■ About this task
Search the data below for the line containing "(pdor_digit (write_gpio port 0", then please set down that line and all remaining ones exactly as written.
##### Material supplied
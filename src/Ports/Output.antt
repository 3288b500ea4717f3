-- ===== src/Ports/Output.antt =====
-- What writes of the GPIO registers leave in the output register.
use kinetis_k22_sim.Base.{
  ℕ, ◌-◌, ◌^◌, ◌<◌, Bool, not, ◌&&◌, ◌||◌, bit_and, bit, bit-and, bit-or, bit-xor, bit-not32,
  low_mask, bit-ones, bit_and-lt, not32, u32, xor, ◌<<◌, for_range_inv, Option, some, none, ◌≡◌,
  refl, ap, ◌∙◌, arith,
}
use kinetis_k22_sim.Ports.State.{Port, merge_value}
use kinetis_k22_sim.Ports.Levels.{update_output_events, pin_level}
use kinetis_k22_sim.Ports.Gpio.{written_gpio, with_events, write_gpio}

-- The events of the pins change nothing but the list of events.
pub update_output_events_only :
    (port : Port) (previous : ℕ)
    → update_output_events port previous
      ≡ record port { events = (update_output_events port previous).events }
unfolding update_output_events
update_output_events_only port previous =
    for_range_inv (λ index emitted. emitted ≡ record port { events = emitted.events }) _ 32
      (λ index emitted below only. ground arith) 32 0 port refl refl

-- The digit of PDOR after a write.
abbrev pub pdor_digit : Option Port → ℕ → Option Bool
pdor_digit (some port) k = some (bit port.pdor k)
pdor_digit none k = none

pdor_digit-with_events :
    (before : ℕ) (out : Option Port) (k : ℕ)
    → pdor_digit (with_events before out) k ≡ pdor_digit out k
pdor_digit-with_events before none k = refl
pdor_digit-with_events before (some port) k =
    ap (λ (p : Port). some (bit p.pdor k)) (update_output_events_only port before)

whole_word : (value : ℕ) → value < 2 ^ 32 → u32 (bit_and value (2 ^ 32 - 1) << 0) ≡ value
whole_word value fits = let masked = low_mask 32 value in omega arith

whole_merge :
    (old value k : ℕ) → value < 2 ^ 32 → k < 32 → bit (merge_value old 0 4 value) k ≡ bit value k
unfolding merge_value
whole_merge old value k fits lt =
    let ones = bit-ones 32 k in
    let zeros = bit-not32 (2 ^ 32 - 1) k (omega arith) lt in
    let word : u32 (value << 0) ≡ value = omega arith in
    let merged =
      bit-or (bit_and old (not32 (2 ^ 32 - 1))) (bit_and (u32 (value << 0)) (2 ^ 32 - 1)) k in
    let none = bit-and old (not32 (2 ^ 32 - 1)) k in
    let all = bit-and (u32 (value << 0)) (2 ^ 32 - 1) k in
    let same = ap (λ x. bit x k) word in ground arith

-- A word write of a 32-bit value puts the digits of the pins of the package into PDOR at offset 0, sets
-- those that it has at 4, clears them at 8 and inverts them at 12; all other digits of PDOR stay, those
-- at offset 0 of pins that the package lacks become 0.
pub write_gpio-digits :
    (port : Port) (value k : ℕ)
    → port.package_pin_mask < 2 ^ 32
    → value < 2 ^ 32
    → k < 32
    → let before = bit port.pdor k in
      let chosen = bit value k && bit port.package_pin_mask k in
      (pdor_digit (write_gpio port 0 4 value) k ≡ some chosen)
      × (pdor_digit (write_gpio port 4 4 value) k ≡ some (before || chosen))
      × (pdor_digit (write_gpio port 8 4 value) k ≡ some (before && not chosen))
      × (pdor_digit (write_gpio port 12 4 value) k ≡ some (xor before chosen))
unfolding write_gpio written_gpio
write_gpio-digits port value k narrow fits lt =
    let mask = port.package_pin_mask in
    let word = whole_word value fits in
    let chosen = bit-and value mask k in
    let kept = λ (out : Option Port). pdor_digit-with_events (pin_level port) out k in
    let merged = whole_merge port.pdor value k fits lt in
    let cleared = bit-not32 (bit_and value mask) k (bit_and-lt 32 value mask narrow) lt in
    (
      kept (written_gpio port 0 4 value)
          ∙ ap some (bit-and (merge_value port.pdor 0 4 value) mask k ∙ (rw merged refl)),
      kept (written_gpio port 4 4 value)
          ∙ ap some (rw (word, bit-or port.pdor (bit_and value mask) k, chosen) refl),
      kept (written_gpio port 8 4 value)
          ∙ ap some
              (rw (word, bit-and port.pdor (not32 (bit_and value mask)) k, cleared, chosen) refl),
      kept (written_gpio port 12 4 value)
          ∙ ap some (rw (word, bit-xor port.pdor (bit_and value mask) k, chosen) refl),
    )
##########
■ Task result
      (pdor_digit (write_gpio port 0 4 value) k ≡ some chosen)
      × (pdor_digit (write_gpio port 4 4 value) k ≡ some (before || chosen))
      × (pdor_digit (write_gpio port 8 4 value) k ≡ some (before && not chosen))
      × (pdor_digit (write_gpio port 12 4 value) k ≡ some (xor before chosen))
unfolding write_gpio written_gpio
write_gpio-digits port value k narrow fits lt =
    let mask = port.package_pin_mask in
    let word = whole_word value fits in
    let chosen = bit-and value mask k in
    let kept = λ (out : Option Port). pdor_digit-with_events (pin_level port) out k in
    let merged = whole_merge port.pdor value k fits lt in
    let cleared = bit-not32 (bit_and value mask) k (bit_and-lt 32 value mask narrow) lt in
    (
      kept (written_gpio port 0 4 value)
          ∙ ap some (bit-and (merge_value port.pdor 0 4 value) mask k ∙ (rw merged refl)),
      kept (written_gpio port 4 4 value)
          ∙ ap some (rw (word, bit-or port.pdor (bit_and value mask) k, chosen) refl),
      kept (written_gpio port 8 4 value)
          ∙ ap some
              (rw (word, bit-and port.pdor (not32 (bit_and value mask)) k, cleared, chosen) refl),
      kept (written_gpio port 12 4 value)
          ∙ ap some (rw (word, bit-xor port.pdor (bit_and value mask) k, chosen) refl),
    )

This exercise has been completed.